Task.java represents the task class. Each task has a name instance variable and each task is instantiated by the use of a constructor. This class has 1 method, which is called run. Within the body of the run method, there is a for loop that iterates by the number of tasks there are. In our case, there are 5 tasks, which means it will run 5 times. The first iteration, print the time the current task was initialized. The other iterations, print the execution time. After it has been printed, there is a Thread.sleep() method call which is used to display every iteration message with 1 second delay. Note that the method name “run” is important to be called like that as it is an abstract method coming from Runnable which our Task class is implementing.

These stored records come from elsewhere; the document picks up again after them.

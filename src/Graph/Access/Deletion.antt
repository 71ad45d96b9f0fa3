-- ===== src/Graph/Access/Deletion.antt =====
-- Which lines a deletion of AccessGraph.tsx reaches, and what it takes them for.
use beauty_awg.Base.{◌≡◌, refl, Option, none, List, [], ◌∷◌, Text, filter, Bool-cases, inl, inr}
use beauty_awg.Api.{VpnNode, Client, Panel, Result, ok, thrown}
use beauty_awg.Api.Effects.{World, M, bind, for_each}
use beauty_awg.Graph.State.{MapState}
use beauty_awg.Graph.Access.{
  Edge, line_of, in_selection, delete_line, delete_lines, on_edges_delete,
}

pub bind_congr :
    {S L A B : Type 0} (r : Result A × World S L) (f g : A → M S L B)
    → ((a : A) (w : World S L) → f a w ≡ g a w)
    → bind r f ≡ bind r g
bind_congr (ok a, w) f g h = h a w
bind_congr (thrown e, w) f g h = refl

module _ {S : Type 0} (P : Panel S) (servers : List VpnNode) (clients : List Client) where
  delete_lines-filter :
      (anchor : Option Text) (edges : List Edge) (w : World S MapState)
      → delete_lines P servers clients anchor edges w
        ≡ delete_lines P servers clients none (filter (in_selection anchor) edges) w
  unfolding delete_lines for_each filter in_selection
  delete_lines-filter anchor [] w = refl
  delete_lines-filter anchor (e ∷ es) w = elim (Bool-cases (in_selection anchor e)) [
    | inl inside ↦ rw inside (
        bind_congr (delete_line P servers clients (line_of e) w) _ _
          (λ a v. delete_lines-filter anchor es v))
    | inr outside ↦ rw outside (delete_lines-filter anchor es w)
  ]

  -- With a card selected, deleting lines does to the backend, to the state and to the page what
  -- deleting only the lines that touch the selection's anchor does with no card selected.
  on_edges_delete-selection :
      (anchor : Option Text) (removed : List Edge) (w : World S MapState)
      → on_edges_delete P servers clients anchor removed w
        ≡ on_edges_delete P servers clients none (filter (in_selection anchor) removed) w
  unfolding on_edges_delete
  on_edges_delete-selection anchor removed w = rw (delete_lines-filter anchor removed w)
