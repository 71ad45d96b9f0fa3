-- ===== src/Graph/Ids.antt =====
-- The ids of lines can be read back.
use beauty_awg.Base.{
  ℕ, ◌≡◌, refl, ap, ◌∙◌, ◌≢◌, true, false, ◌&&◌, [], ◌∷◌, ◌++◌, arith, Text, All, text_leb,
  text_leb_antisym, text_leb_total, Bool-cases, inl, inr, sym, ◌⊎◌,
}
use beauty_awg.Groups.{gid}
use beauty_awg.Graph.{
  cons_head, split_at, split_arrow, joined, link_edge_id, is_link_edge, parse_link_edge, first_of,
  second_of, bus_edge_id, is_bus_edge, parse_bus_edge, grant_edge_id,
}

-- The ids of the backend are UUIDs: hexadecimal digits and dashes. None of them is one of the
-- signs that the map's ids are put together with.
abbrev pub IsPlain : Text → Type 0
IsPlain id = All (λ c. (c ≢ b'~') × (c ≢ b'=') × (c ≢ b'>')) id

split_at_last : (t : Text) → IsPlain t → split_at b'~' t ≡ t ∷ []
unfolding split_at
split_at_last [] h = refl
split_at_last (c ∷ t) (p, h) = ground (arith, split_at_last t h)

split_at-joined : (a b : Text) → IsPlain a → IsPlain b → split_at b'~' (joined a b) ≡ a ∷ b ∷ []
unfolding split_at joined
split_at-joined [] b h k = ground (arith, split_at_last b k)
split_at-joined (c ∷ a) b (p, h) k = ground (arith, split_at-joined a b h k)

split_arrow_step :
    (c d : ℕ) (s : Text) → c ≢ b'=' → split_arrow (c ∷ d ∷ s) ≡ cons_head c (split_arrow (d ∷ s))
unfolding split_arrow
split_arrow_step c d s h = ground arith

split_arrow_last : (t : Text) → IsPlain t → split_arrow t ≡ t ∷ []
split_arrow_last [] h = unfold split_arrow in refl
split_arrow_last (c ∷ []) h = unfold split_arrow in refl
split_arrow_last (c ∷ d ∷ t) (p, h) = rw (split_arrow_step c d t p.1, split_arrow_last (d ∷ t) h)

split_arrow-grant_edge_id :
    (owner node : Text)
    → IsPlain owner
    → IsPlain node
    → split_arrow (grant_edge_id owner node) ≡ owner ∷ node ∷ []
unfolding grant_edge_id
split_arrow-grant_edge_id [] node h k =
    unfold split_arrow in ap (λ l. [] ∷ l) (split_arrow_last node k)
split_arrow-grant_edge_id (c ∷ []) node (p, h) k =
    rw (split_arrow_step c b'=' (b'>' ∷ node) p.1, split_arrow-grant_edge_id [] node tt k)
split_arrow-grant_edge_id (c ∷ d ∷ o) node (p, h) k =
    rw (
      split_arrow_step c d (o ++ b'=' ∷ b'>' ∷ node) p.1,
      split_arrow-grant_edge_id (d ∷ o) node h k,
    )

-- The two ends of a bus are the two locations, in one order or the other.
pub ends_of_bus :
    (a b : Text)
    → ((first_of a b ≡ a) × (second_of a b ≡ b)) ⊎ ((first_of a b ≡ b) × (second_of a b ≡ a))
unfolding first_of second_of
ends_of_bus a b = ground arith

parse_bus_edge-bus_edge_id :
    (a b : Text)
    → IsPlain a
    → IsPlain b
    → parse_bus_edge (bus_edge_id a b) ≡ first_of a b ∷ second_of a b ∷ []
unfolding parse_bus_edge bus_edge_id
parse_bus_edge-bus_edge_id a b h k = elim (Bool-cases (text_leb a b)) [
  | inl le ↦ rw le (split_at-joined a b h k)
  | inr gt ↦ rw gt (split_at-joined b a k h)
]

pub bus_edge_id_comm : (a b : Text) → bus_edge_id a b ≡ bus_edge_id b a
unfolding bus_edge_id
bus_edge_id_comm a b = elim (Bool-cases (text_leb a b)) [
  | inl le ↦ elim (Bool-cases (text_leb b a)) [
    | inl ge ↦
        ap (λ t. bus_edge_id t b) (text_leb_antisym a b le ge)
        ∙ ap (bus_edge_id b) (sym (text_leb_antisym a b le ge))
    | inr lt ↦ rw (le, lt)
  ]
  | inr gt ↦ rw (gt, text_leb_total a b gt)
]

-- The lines of the map can be told apart and taken apart by their ids, for ids of the backend: a
-- link gives back its source and destination, a bus its two ends in the order of their ids
-- whichever way it was made, and a grant's line its owner and node, where the owner is a client or
-- a group's card.
pub edge_ids-parse :
    (a b : Text)
    → IsPlain a
    → IsPlain b
    → (parse_link_edge (link_edge_id a b) ≡ a ∷ b ∷ [])
      × (parse_bus_edge (bus_edge_id a b) ≡ first_of a b ∷ second_of a b ∷ [])
      × (bus_edge_id a b ≡ bus_edge_id b a)
      × (split_arrow (grant_edge_id a b) ≡ a ∷ b ∷ [])
      × (split_arrow (grant_edge_id (gid a) b) ≡ gid a ∷ b ∷ [])
      × ((is_link_edge (link_edge_id a b) && is_bus_edge (bus_edge_id a b)) ≡ true)
      × (is_bus_edge (link_edge_id a b) ≡ false)
      × (is_link_edge (bus_edge_id a b) ≡ false)
unfolding parse_link_edge link_edge_id parse_bus_edge bus_edge_id is_link_edge is_bus_edge gid
edge_ids-parse a b h k = (
  split_at-joined a b h k,
  parse_bus_edge-bus_edge_id a b h k,
  bus_edge_id_comm a b,
  split_arrow-grant_edge_id a b h k,
  split_arrow-grant_edge_id (gid a) b (omega arith, (omega arith, h)) k,
  refl,
  refl,
  refl,
)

Task 4 and 5 are only executed when a tread in the pool becomes idle. Until then, the extra tasks are placed in a queue.

After all tasks have been executed, shutdown the Thread Pool.

When is thread pool useful

When organizing server applications. As stated in the beginning of the article, it is useful when organizing server applications as using thread pool is very efficient as if there are many tasks, it automatically places them in a queue. Not only that, but it also prevents running out of memory, or at least it slows significantly the process of doing so. Using ExecutorService makes it easier to implement.